Film Business: Labor as Art: Cantet's Time out and Human Resources. (the Critics Work)

Article excerpt

WORK IS THE DIRTY secret of contemporary life--to judge by the movies, at any rate. Although work is where people experience roughly half their waking hours over the course of four or five decades, working life is not considered glamorous or electric enough to hold the attention of audiences. Filmgoers, after all, treat the movies as a respite from (among other things) working life. Yet much of our experience of human relations takes place at work: the victories and defeats, purposes and routines, thrusts and counterthrusts, lies and impositions, passions large and small, affections and disaffections, actions, reactions, ambitions, thrills, and disappointments that frustrate and animate life.

Not only that. Working life doesn't stop when people punch out. People take the workplace home with them, for better and worse. It gives them a literal and even spiritual place in the world. It shapes satisfactions and dissatisfactions off the job. The workweek surrounds the weekend. Even in a service economy of free agents scrambling from one disloyal company to another over the course of a lifetime, work remains a top answer to the question "Who am I?" It imparts a shape to life and serves as a marker of who we are, were, and hope to be. It imposes habits and disrupts them, channels feelings and thwarts them. For good reason, Freud thought love and work the psyche's essential needs.

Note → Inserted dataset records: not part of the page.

-- ===== src/Tests/Passwords.antt =====
-- Password hashes, with a key of 32 equal bytes.
use nano_ldap.Prelude.{
  if◌then◌else◌, err, ℕ, zero, suc, ◌≡◌, refl, false, [], ◌∷◌, length, some, ok, arith,
}
use nano_ldap.Text.{
  Bytes, codes, AreBytes, trim_space, trim_left, trim_right, is_space, strip_prefix, beq, split,
  cut,
}
use nano_ldap.Text.Decimal.{atoi}
use nano_ldap.Text.Base64.{decode}
use nano_ldap.Password.{
  Key, PhcParams, format_phc, hash_password, verify_password, parse_phc, parse_parts, parse_params,
  is_version, set_param,
}
use nano_ldap.Entry.{User}
use nano_ldap.Accounts.{UserInput, unique_names, display_or_username}
use nano_ldap.Sql.{Tables, migrated, insert_user, user_with_id, groups_of}
use nano_ldap.Sql.Valid.{migrated-IsValid}
use nano_ldap.Store.{
  no_rows, create_user, create_user_tx, assign_groups, get_user_by_id, scan_user, user_groups,
  authenticate_user,
}
use nano_ldap.Store.Login.{verifier, authenticate_user-create_user}
use nano_ldap.Password.RoundTrip.{derived, verify_password-hash_password}
use nano_ldap.Password.Shape.{IsPhc, InRange, parse_phc-Shape}

abbrev repeated : ℕ → ℕ → Bytes
repeated b zero = []
repeated b (suc n) = b ∷ repeated b n

abbrev key : Key
key password salt time memory threads n = repeated (length password) n

abbrev salt : Bytes
salt = 1 ∷ 250 ∷ 3 ∷ []

abbrev stored : Bytes
stored = format_phc salt (derived key salt (codes "secret"))

repeated-AreBytes : (n : ℕ) → AreBytes (repeated 6 n)
repeated-AreBytes zero = tt
repeated-AreBytes (suc n) = ground (arith, repeated-AreBytes n)

hashed : hash_password key (some salt) (codes "secret") ≡ some stored
unfolding hash_password
hashed = refl

verify_password-hash_password_example : verify_password key stored (codes "wrong") ≡ ok false
unfolding beq
verify_password-hash_password_example =
    verify_password-hash_password key salt (codes "secret") (codes "wrong") stored (ground arith)
      (repeated-AreBytes 32) refl hashed

abbrev overflowing : Bytes
overflowing = codes "$argon2id$v=19$m=4294967297,t=1,p=260$AQ$Ag"

abbrev narrow : PhcParams
narrow = record { memory = 1; time = 1; threads = 4 }

read_narrow : parse_phc overflowing ≡ ok (narrow, 1 ∷ [], 2 ∷ [])
unfolding parse_phc split parse_parts is_version parse_params set_param cut atoi beq decode
    strip_prefix
read_narrow = refl

parse_phc-Shape_example : IsPhc (split b'$' overflowing) × InRange narrow
parse_phc-Shape_example = parse_phc-Shape overflowing narrow (1 ∷ []) (2 ∷ []) read_narrow

-- A user in an empty store.
abbrev eve : UserInput
eve = record {
  username = codes "eve";
  password = codes "secret";
  display_name = [];
  disabled = false;
  group_names = [];
}

abbrev eve_user : User
eve_user = record {
  id = 1;
  username = codes "eve";
  password_hash = stored;
  display_name = codes "eve";
  disabled = false;
  created_at = 3;
  updated_at = 3;
  groups = [];
}

abbrev with_eve : Tables
with_eve = (create_user (hash_password key (some salt)) 3 migrated eve).0

eve_made : create_user (hash_password key (some salt)) 3 migrated eve ≡ (with_eve, ok eve_user)
unfolding create_user create_user_tx insert_user assign_groups get_user_by_id user_with_id scan_user
    user_groups groups_of trim_space trim_left trim_right is_space beq unique_names
    display_or_username hash_password
eve_made = refl

authenticate_user-create_user_example :
    authenticate_user (verifier key) with_eve (trim_space (codes "eve")) (codes "secret") ≡ (
      if beq (derived key salt (codes "secret")) (derived key salt (codes "secret"))
      then ok eve_user
      else err no_rows)
authenticate_user-create_user_example =
    authenticate_user-create_user key salt 3 migrated with_eve eve eve_user (codes "secret")
      migrated-IsValid (ground arith) (repeated-AreBytes 32) refl eve_made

Yet scarce are the movies that take seriously working life, the ideas that people have about it, its moral dilemmas, its satisfactions and obstacles. Movies, after all, have other objectives--to dazzle us, deliver passions and jolts, play with our hunger for glamour, fill our emotional lives, and relieve us from our surroundings. Mainly, life on the job is represented as filler: the pro forma occasion for a plot point, the quick explanation for a character point, the pretext for a one-liner, the occasion for props and locations, the route to the interesting place--the courtroom, the prison, the battlefield, the spaceship, the bed. The job is the gray zone that the character exits on the way to a life in living color. There's only enough of the workday left on the screen to suggest what it is that the characters are getting away from after hours.

In other words, rare is the movie in which characters do much work or think much about it--with two main exceptions: criminals and police (in which category I include the currently hot subvariant, soldiers). Their on-the-job choices and career moves seem dramatic, offering suspense, visible high stakes, character clashes, and a range of emotions. Their working lives feature surprises, betrayals, pleasures, and conflicts petty and large. The safecracker assembles his team, figures out how to get around alarm systems, decides what to do when a colleague makes a mistake, recovers from the mistake. The old cop comes out of retirement to deal with a burdensome case, only to find himself thrown in with overambitious, corrupt, and incompetent juniors. In the worlds of cops and criminals, we find all the entrepreneurs, the bankers, the hirers and firers, the work teams, the rivals, the rising and falling stars whose actions propel life-and-death stories.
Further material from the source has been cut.